PROBLEM →
Return each entry exactly, omitting nothing.

(Beginning of DATA LISTING)

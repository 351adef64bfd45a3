-- ===== src/Examples/BufWriter/Flushed.antt =====
-- What calls on a BufWriter that succeeded have written.
use zoned.Base.{
  ℕ, zero, suc, ◌+◌, ◌-◌, ◌≤◌, ◌<◌, ◌≡◌, refl, sym, ap, ◌∙◌, inl, inr, List, [], ◌∷◌, ◌++◌, arith,
  ltb, ◌==◌, length, drop, Bool-cases, le→ltb_false, lt→leb_false, lt→==_false, le→leb, drop-length,
  lt→ltb,
}
use zoned.Errors.{
  Outcome, ok, err, panic, timeout, convert_err, and_then, and_then-value, ZonedError, IoError,
  wrapped,
}
use zoned.Handle
use zoned.Handle.{ZoneHandle, Hio}
use zoned.Examples.BufWriter.{
  Wio, after_flush, write_all, flush_loop, flush_buf, on_inner, put, flush, drop_writer,
  with_writer,
}

module _ {W : Type 0} where
  -- Where there is room, `write_all` only fills the buffer.
  pub put-room :
      (capacity : ℕ) (buf buffer : List ℕ) (s : ZoneHandle W × W)
      → length buffer + length buf ≤ capacity
      → length buf < capacity
      → put capacity buf (buffer, s) ≡ (ok tt, (buffer ++ buf, s))
  unfolding put
  put-room capacity buf buffer s room less =
      elim (Bool-cases (ltb (length buf) (capacity - length buffer))) [
        | inl fits ↦ rw fits refl
        | inr exact ↦
            rw
              (
                exact,
                le→ltb_false (capacity - length buffer) (length buf) (omega (arith, room)),
                lt→leb_false capacity (length buf) less,
              )
              refl
      ]

  flush_loop-nil : (fuel : ℕ) (s : ZoneHandle W × W) → flush_loop fuel ([], s) ≡ (ok tt, ([], s))
  unfolding flush_loop
  flush_loop-nil zero s = refl
  flush_loop-nil (suc fuel) s = refl

  -- A buffer that the handle takes in one write is flushed by it.
  pub flush_buf-once :
      (buffer : List ℕ) (s s1 : ZoneHandle W × W)
      → 0 < length buffer
      → Handle.write buffer s ≡ (ok (length buffer), s1)
      → flush_buf (buffer, s) ≡ (ok tt, ([], s1))
  unfolding flush_buf flush_loop
  flush_buf-once [] s s1 some e = absurd (omega arith)
  flush_buf-once (b ∷ bs) s s1 some e =
      rw
        (
          e,
          lt→==_false (length (b ∷ bs)) some,
          le→ltb_false (length (b ∷ bs)) (length (b ∷ bs)) (omega arith),
          drop-length bs,
          flush_loop-nil (length bs) s1,
        )
        refl

  -- What does not fit goes to the handle behind the buffer.
  pub put-overflow :
      (capacity : ℕ) (buf buffer : List ℕ) (s s1 : ZoneHandle W × W)
      → 0 < capacity
      → 0 < length buffer
      → capacity ≤ length buf
      → flush_buf (buffer, s) ≡ (ok tt, ([], s1))
      → put capacity buf (buffer, s) ≡ on_inner (write_all (length buf) buf) ([], s1)
  unfolding put
  put-overflow capacity buf buffer s s1 some filled large e =
      rw
        (
          le→ltb_false (length buf) (capacity - length buffer) (omega arith),
          lt→ltb (capacity - length buffer) (length buf) (omega (arith, some, filled, large)),
          e,
          le→leb capacity (length buf) large,
        )
        refl

  -- A round of a flush that succeeded, against the same round of `write_all_sequential`.
  after_flush-value :
      (again : Wio W (Unit {0})) (loop : List ℕ → Hio W (Unit {0})) (buffer rest : List ℕ)
      (s' : ZoneHandle W × W) (r : Outcome ZonedError ℕ × (ZoneHandle W × W))
      → ((n : ℕ) (s : ZoneHandle W × W)
          → again (drop n buffer, s) ≡ (ok tt, (rest, s'))
          → (rest ≡ []) × (loop (drop n buffer) s ≡ (ok tt, s')))
      → after_flush again buffer (convert_err wrapped r.0, r.1) ≡ (ok tt, (rest, s'))
      → (rest ≡ []) × (and_then r (Handle.after_write loop buffer) ≡ (ok tt, s'))
  unfolding Handle.after_write
  after_flush-value again loop buffer rest s' (ok n, s) step e = elim (Bool-cases (n == 0)) [
    | inl none_written ↦ (let e' = rw none_written at e in absurd cc)
    | inr some_written ↦ elim (Bool-cases (ltb (length buffer) n)) [
      | inl beyond ↦ (let e' = rw (some_written, beyond) at e in absurd cc)
      | inr within ↦ rw (some_written, within) (step n s (rw (some_written, within) at e))
    ]
  ]
  after_flush-value again loop buffer rest s' (err x, s) step e = absurd cc
  after_flush-value again loop buffer rest s' (panic, s) step e = absurd cc
  after_flush-value again loop buffer rest s' (timeout, s) step e = absurd cc

  -- A flush that succeeded wrote the whole buffer as `write_all_sequential` does.
  flush_loop-value :
      (fuel : ℕ) (buffer rest : List ℕ) (s s' : ZoneHandle W × W)
      → flush_loop fuel (buffer, s) ≡ (ok tt, (rest, s'))
      → (rest ≡ []) × (Handle.write_loop fuel buffer s ≡ (ok tt, s'))
  unfolding flush_loop Handle.write_loop Handle.write
  flush_loop-value fuel [] rest s s' e = (cc, cc)
  flush_loop-value zero (b ∷ bs) rest s s' e = absurd cc
  flush_loop-value (suc fuel) (b ∷ bs) rest s s' e =
      after_flush-value (flush_loop fuel) (Handle.write_loop fuel) (b ∷ bs) rest s'
        (Handle.write_sequential (b ∷ bs) s)
        (λ n s1 e'. flush_loop-value fuel (drop n (b ∷ bs)) rest s1 s' e') e

  pub flush-value :
      (buffer rest : List ℕ) (s s' : ZoneHandle W × W)
      → flush (buffer, s) ≡ (ok tt, (rest, s'))
      → (s1 : ZoneHandle W × W) × (rest ≡ [])
        × (Handle.write_all_sequential buffer s ≡ (ok tt, s1))
        × (Handle.flush s1 ≡ (ok tt, s'))
  unfolding flush flush_buf Handle.write_all_sequential
  flush-value buffer rest s s' e =
      let (u, (rest1, s1), flushed, synced) = and_then-value _ _ tt (rest, s') e in
      let (empty, written) = flush_loop-value (length buffer) buffer rest1 s s1 flushed in
      (
        s1,
        sym (ap (λ (x : Outcome IoError (Unit {0}) × (List ℕ × (ZoneHandle W × W))). x.1.0) synced)
            ∙ empty,
        written,
        ap (λ (x : Outcome IoError (Unit {0}) × (List ℕ × (ZoneHandle W × W))). (x.0, x.1.1))
            synced,
      )

  -- A block that succeeded through the writer, and left its buffer empty.
  pub with_writer-value :
      (f : Wio W (Unit {0})) (s s' : ZoneHandle W × W)
      → with_writer f s ≡ (ok tt, s')
      → ((rest : List ℕ) (s1 : ZoneHandle W × W) → f ([], s) ≡ (ok tt, (rest, s1)) → rest ≡ [])
      → f ([], s) ≡ (ok tt, ([], s'))
  unfolding with_writer drop_writer flush_buf flush_loop
  with_writer-value f s s' e empty = go (f ([], s)) refl e
    where
      go :
          (r : Outcome IoError (Unit {0}) × (List ℕ × (ZoneHandle W × W)))
          → f ([], s) ≡ r
          → drop_writer r ≡ (ok tt, s')
          → f ([], s) ≡ (ok tt, ([], s'))
      go (ok u, (rest, s1)) h d =
          let left = empty rest s1 h in
          let d' = rw left at d in
          let h' = rw left at h in
          h' ∙ ap (λ (x : Outcome IoError (Unit {0}) × (ZoneHandle W × W)). (x.0, ([], x.1))) d'
      go (err x, t) h d = absurd cc
      go (panic, (rest, s1)) h d = absurd cc
      go (timeout, (rest, s1)) h d = absurd cc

(End of DATA LISTING)

FINISHED EXERCISE →
repository 351adef64bfd45a3
-- ===== src/Examples/BufWriter/Flushed.antt =====
-- What calls on a BufWriter that succeeded have written.
use zoned.Base.{
  ℕ, zero, suc, ◌+◌, ◌-◌, ◌≤◌, ◌<◌, ◌≡◌, refl, sym, ap, ◌∙◌, inl, inr, List, [], ◌∷◌, ◌++◌, arith,
  ltb, ◌==◌, length, drop, Bool-cases, le→ltb_false, lt→leb_false, lt→==_false, le→leb, drop-length,
  lt→ltb,
}
use zoned.Errors.{
  Outcome, ok, err, panic, timeout, convert_err, and_then, and_then-value, ZonedError, IoError,
  wrapped,
}
use zoned.Handle
use zoned.Handle.{ZoneHandle, Hio}
use zoned.Examples.BufWriter.{
  Wio, after_flush, write_all, flush_loop, flush_buf, on_inner, put, flush, drop_writer,
  with_writer,
}

module _ {W : Type 0} where
  -- Where there is room, `write_all` only fills the buffer.
  pub put-room :
      (capacity : ℕ) (buf buffer : List ℕ) (s : ZoneHandle W × W)
      → length buffer + length buf ≤ capacity
      → length buf < capacity
      → put capacity buf (buffer, s) ≡ (ok tt, (buffer ++ buf, s))
  unfolding put
  put-room capacity buf buffer s room less =
      elim (Bool-cases (ltb (length buf) (capacity - length buffer))) [
        | inl fits ↦ rw fits refl
        | inr exact ↦
            rw
              (
                exact,
                le→ltb_false (capacity - length buffer) (length buf) (omega (arith, room)),
                lt→leb_false capacity (length buf) less,
              )
              refl
      ]

  flush_loop-nil : (fuel : ℕ) (s : ZoneHandle W × W) → flush_loop fuel ([], s) ≡ (ok tt, ([], s))
  unfolding flush_loop
  flush_loop-nil zero s = refl
  flush_loop-nil (suc fuel) s = refl

  -- A buffer that the handle takes in one write is flushed by it.
  pub flush_buf-once :
      (buffer : List ℕ) (s s1 : ZoneHandle W × W)
      → 0 < length buffer
      → Handle.write buffer s ≡ (ok (length buffer), s1)
      → flush_buf (buffer, s) ≡ (ok tt, ([], s1))
  unfolding flush_buf flush_loop
  flush_buf-once [] s s1 some e = absurd (omega arith)
  flush_buf-once (b ∷ bs) s s1 some e =
      rw
        (
          e,
          lt→==_false (length (b ∷ bs)) some,
          le→ltb_false (length (b ∷ bs)) (length (b ∷ bs)) (omega arith),
          drop-length bs,
          flush_loop-nil (length bs) s1,
        )
        refl

  -- What does not fit goes to the handle behind the buffer.
  pub put-overflow :
      (capacity : ℕ) (buf buffer : List ℕ) (s s1 : ZoneHandle W × W)
      → 0 < capacity
      → 0 < length buffer
      → capacity ≤ length buf
      → flush_buf (buffer, s) ≡ (ok tt, ([], s1))
      → put capacity buf (buffer, s) ≡ on_inner (write_all (length buf) buf) ([], s1)
  unfolding put
  put-overflow capacity buf buffer s s1 some filled large e =
      rw
        (
          le→ltb_false (length buf) (capacity - length buffer) (omega arith),
          lt→ltb (capacity - length buffer) (length buf) (omega (arith, some, filled, large)),
          e,
          le→leb capacity (length buf) large,
        )
        refl

  -- A round of a flush that succeeded, against the same round of `write_all_sequential`.
  after_flush-value :
      (again : Wio W (Unit {0})) (loop : List ℕ → Hio W (Unit {0})) (buffer rest : List ℕ)
      (s' : ZoneHandle W × W) (r : Outcome ZonedError ℕ × (ZoneHandle W × W))
      → ((n : ℕ) (s : ZoneHandle W × W)
          → again (drop n buffer, s) ≡ (ok tt, (rest, s'))
          → (rest ≡ []) × (loop (drop n buffer) s ≡ (ok tt, s')))
      → after_flush again buffer (convert_err wrapped r.0, r.1) ≡ (ok tt, (rest, s'))
      → (rest ≡ []) × (and_then r (Handle.after_write loop buffer) ≡ (ok tt, s'))
  unfolding Handle.after_write
  after_flush-value again loop buffer rest s' (ok n, s) step e = elim (Bool-cases (n == 0)) [
    | inl none_written ↦ (let e' = rw none_written at e in absurd cc)
    | inr some_written ↦ elim (Bool-cases (ltb (length buffer) n)) [
      | inl beyond ↦ (let e' = rw (some_written, beyond) at e in absurd cc)
      | inr within ↦ rw (some_written, within) (step n s (rw (some_written, within) at e))
    ]
  ]
  after_flush-value again loop buffer rest s' (err x, s) step e = absurd cc
  after_flush-value again loop buffer rest s' (panic, s) step e = absurd cc
  after_flush-value again loop buffer rest s' (timeout, s) step e = absurd cc

  -- A flush that succeeded wrote the whole buffer as `write_all_sequential` does.
  flush_loop-value :
      (fuel : ℕ) (buffer rest : List ℕ) (s s' : ZoneHandle W × W)
      → flush_loop fuel (buffer, s) ≡ (ok tt, (rest, s'))
      → (rest ≡ []) × (Handle.write_loop fuel buffer s ≡ (ok tt, s'))
  unfolding flush_loop Handle.write_loop Handle.write
  flush_loop-value fuel [] rest s s' e = (cc, cc)
  flush_loop-value zero (b ∷ bs) rest s s' e = absurd cc
  flush_loop-value (suc fuel) (b ∷ bs) rest s s' e =
      after_flush-value (flush_loop fuel) (Handle.write_loop fuel) (b ∷ bs) rest s'
        (Handle.write_sequential (b ∷ bs) s)
        (λ n s1 e'. flush_loop-value fuel (drop n (b ∷ bs)) rest s1 s' e') e

  pub flush-value :
      (buffer rest : List ℕ) (s s' : ZoneHandle W × W)
      → flush (buffer, s) ≡ (ok tt, (rest, s'))
      → (s1 : ZoneHandle W × W) × (rest ≡ [])
        × (Handle.write_all_sequential buffer s ≡ (ok tt, s1))
        × (Handle.flush s1 ≡ (ok tt, s'))
  unfolding flush flush_buf Handle.write_all_sequential
  flush-value buffer rest s s' e =
      let (u, (rest1, s1), flushed, synced) = and_then-value _ _ tt (rest, s') e in
      let (empty, written) = flush_loop-value (length buffer) buffer rest1 s s1 flushed in
      (
        s1,
        sym (ap (λ (x : Outcome IoError (Unit {0}) × (List ℕ × (ZoneHandle W × W))). x.1.0) synced)
            ∙ empty,
        written,
        ap (λ (x : Outcome IoError (Unit {0}) × (List ℕ × (ZoneHandle W × W))). (x.0, x.1.1))
            synced,
      )

  -- A block that succeeded through the writer, and left its buffer empty.
  pub with_writer-value :
      (f : Wio W (Unit {0})) (s s' : ZoneHandle W × W)
      → with_writer f s ≡ (ok tt, s')
      → ((rest : List ℕ) (s1 : ZoneHandle W × W) → f ([], s) ≡ (ok tt, (rest, s1)) → rest ≡ [])
      → f ([], s) ≡ (ok tt, ([], s'))
  unfolding with_writer drop_writer flush_buf flush_loop
  with_writer-value f s s' e empty = go (f ([], s)) refl e
    where
      go :
          (r : Outcome IoError (Unit {0}) × (List ℕ × (ZoneHandle W × W)))
          → f ([], s) ≡ r
          → drop_writer r ≡ (ok tt, s')
          → f ([], s) ≡ (ok tt, ([], s'))
      go (ok u, (rest, s1)) h d =
          let left = empty rest s1 h in
          let d' = rw left at d in
          let h' = rw left at h in
          h' ∙ ap (λ (x : Outcome IoError (Unit {0}) × (ZoneHandle W × W)). (x.0, ([], x.1))) d'
      go (err x, t) h d = absurd cc
      go (panic, (rest, s1)) h d = absurd cc
      go (timeout, (rest, s1)) h d = absurd cc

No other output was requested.